/PDFparser

Primary LanguagePython

PDF Parser Tools

🔍 PDFparser is a basic Python script that allow you to Download, Find and Parse PDF files! 🔧


USAGE:

Clone the repository:

git clone https://github.com/Grogny/PDFparser

Open the repository:

cd PDFparser

Install the requirements:

pip install -r requirements.txt

Run the script:

To download PDF file:

python3 pdfparser.py -d [PDF_URL]

or

python3 pdfparser.py --download [PDF_URL]

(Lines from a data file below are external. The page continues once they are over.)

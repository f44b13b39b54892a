-- ===== src/Index/V1/Reader.antt =====
-- The reading side of repo/content/index/index_v1.go, and Open of index.go for version 1.
use Prim.Native.Nat.{bit_and}
use kopia.Prelude.{
  ℕ, ◌+◌, ◌-◌, ◌*◌, ◌%◌, ◌^◌, Bool, not, List, [], Option, none, some, length, take, drop, leb,
  ◌==◌, if◌then◌else◌, Result, ok, err, ◌>>=◌, bytes_equal,
}
use kopia.Index.ContentId.{ContentId, compare_bytes, content_id_to_bytes, is_lt}
use kopia.Index.Encoding.{byte_at, decode_big_endian_uint32, decode_big_endian_uint48}
use kopia.Index.Info.{Info}
use kopia.Index.Search.{search}
use kopia.Index.V1.{
  IndexV1, stride, slice_of, IndexError, invalid_content_id, invalid_entry_length, v1_header_size,
  v1_entry_length, unknown_key_size, invalid_blob_id, v1_read_header, invalid_header,
}

-- Open(data, closer, v1PerContentOverhead), with no other version
unfoldable pub open_v1 : List ℕ → ℕ → Result IndexError IndexV1
open_v1 bytes overhead = do
  h ← v1_read_header bytes
  let b : IndexV1 = record { hdr = h; bytes = bytes; v1_per_content_overhead = overhead }
  if h.version == 1 then ok b else err invalid_header

-- contentIDBytesGreaterOrEqual
abbrev pub content_id_bytes_greater_or_equal : List ℕ → List ℕ → Bool
content_id_bytes_greater_or_equal a b = not (is_lt (compare_bytes a b))

-- the key of the entry at a position
unfoldable pub key_at : IndexV1 → ℕ → Result IndexError (List ℕ)
key_at b p = slice_of b.bytes (v1_header_size + stride b * p) b.hdr.key_size

-- the test that findEntryPositionExact gives to sort.Search
unfoldable pub key_not_below : IndexV1 → List ℕ → ℕ → Result IndexError Bool
unfolding key_at
key_not_below b id_bytes p = do
  key ← key_at b p
  ok (content_id_bytes_greater_or_equal key id_bytes)

-- findEntryPositionExact(idBytes)
unfoldable pub find_entry_position_exact : IndexV1 → List ℕ → Result IndexError ℕ
unfolding key_not_below search
find_entry_position_exact b id_bytes = search b.hdr.entry_count (key_not_below b id_bytes)

-- the entry at a position, if its key is the one that is looked for
unfoldable pub read_entry : IndexV1 → List ℕ → ℕ → Result IndexError (Option (List ℕ))
read_entry b key position = do
  entry_buf ← slice_of b.bytes (v1_header_size + stride b * position) (stride b)
  ok (
      if bytes_equal (take (length key) entry_buf) key
      then some (drop (length key) entry_buf)
      else none)

-- findEntry(output, contentID)
unfoldable pub find_entry : IndexV1 → ContentId → Result IndexError (Option (List ℕ))
unfolding find_entry_position_exact read_entry
find_entry b content_id =
    let key = content_id_to_bytes [] content_id in
    if b.hdr.key_size == unknown_key_size
    then ok none
    else if not (length key == b.hdr.key_size)
    then err invalid_content_id
    else (do
      position ← find_entry_position_exact b key
      if leb b.hdr.entry_count position then ok none else read_entry b key position)

abbrev pub or_invalid_id : Result IndexError (List ℕ) → List ℕ
or_invalid_id (err e) = invalid_blob_id
or_invalid_id (ok name) = name

-- GetPackBlobID()
unfoldable pub get_pack_blob_id : IndexV1 → List ℕ → List ℕ
get_pack_blob_id b entry =
    or_invalid_id (slice_of b.bytes (decode_big_endian_uint32 (drop 8 entry)) (byte_at entry 7))

-- the getters of indexEntryInfoV1
unfoldable pub entry_info : IndexV1 → ContentId → List ℕ → Info
unfolding get_pack_blob_id
entry_info b content_id entry =
    let packed_length = decode_big_endian_uint32 (drop 16 entry) in
    record {
      content_id = content_id;
      pack_blob_id = get_pack_blob_id b entry;
      timestamp_seconds = decode_big_endian_uint48 entry;
      original_length = (packed_length + 2 ^ 32 - b.v1_per_content_overhead) % 2 ^ 32;
      packed_length = packed_length;
      pack_offset = bit_and (decode_big_endian_uint32 (drop 12 entry)) (2 ^ 31 - 1);
      deleted = not (bit_and (byte_at entry 12) 0x80 == 0);
      format_version = byte_at entry 6;
      compression_header_id = 0;
      encryption_key_id = 0;
    }

-- entryToInfo(contentID, entryData)
unfoldable pub entry_to_info : IndexV1 → ContentId → List ℕ → Result IndexError Info
unfolding entry_info
entry_to_info b content_id entry =
    if not (length entry == v1_entry_length)
    then err invalid_entry_length
    else ok (entry_info b content_id entry)

abbrev pub info_of_found : IndexV1 → ContentId → Option (List ℕ) → Result IndexError (Option Info)
info_of_found b content_id none = ok none
info_of_found b content_id (some e) = do i ← entry_to_info b content_id e; ok (some i)

-- GetInfo(contentID)
unfoldable pub get_info : IndexV1 → ContentId → Result IndexError (Option Info)
unfolding find_entry entry_to_info
get_info b content_id = do found ← find_entry b content_id; info_of_found b content_id found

To find if a website contain PDF files:

python3 pdfparser.py -f [WEBSITE_URL]

or

python3 pdfparser.py --find [WEBSITE_URL]

To extract the PDF informations:

python3 pdfparser.py -e [PDF_NAME]

or

python3 pdfparser.py --extract [PDF_NAME]

❗ I only tried the script on a Debian terminal, I don't know if it work on Windows. ❗


EXAMPLES AND SCREENSHOTS:

Downloader example:

Finder example:

Extractor example:

Note:

All the unamed PDF files will be rename "Untitled.pdf".
⚠️ I do not own the PDF and the Website used for the example. ⚠️


MODULES I USED:


DISCLAIMER:

I am not responsible for what you do and the information you retrieve with PDFparser.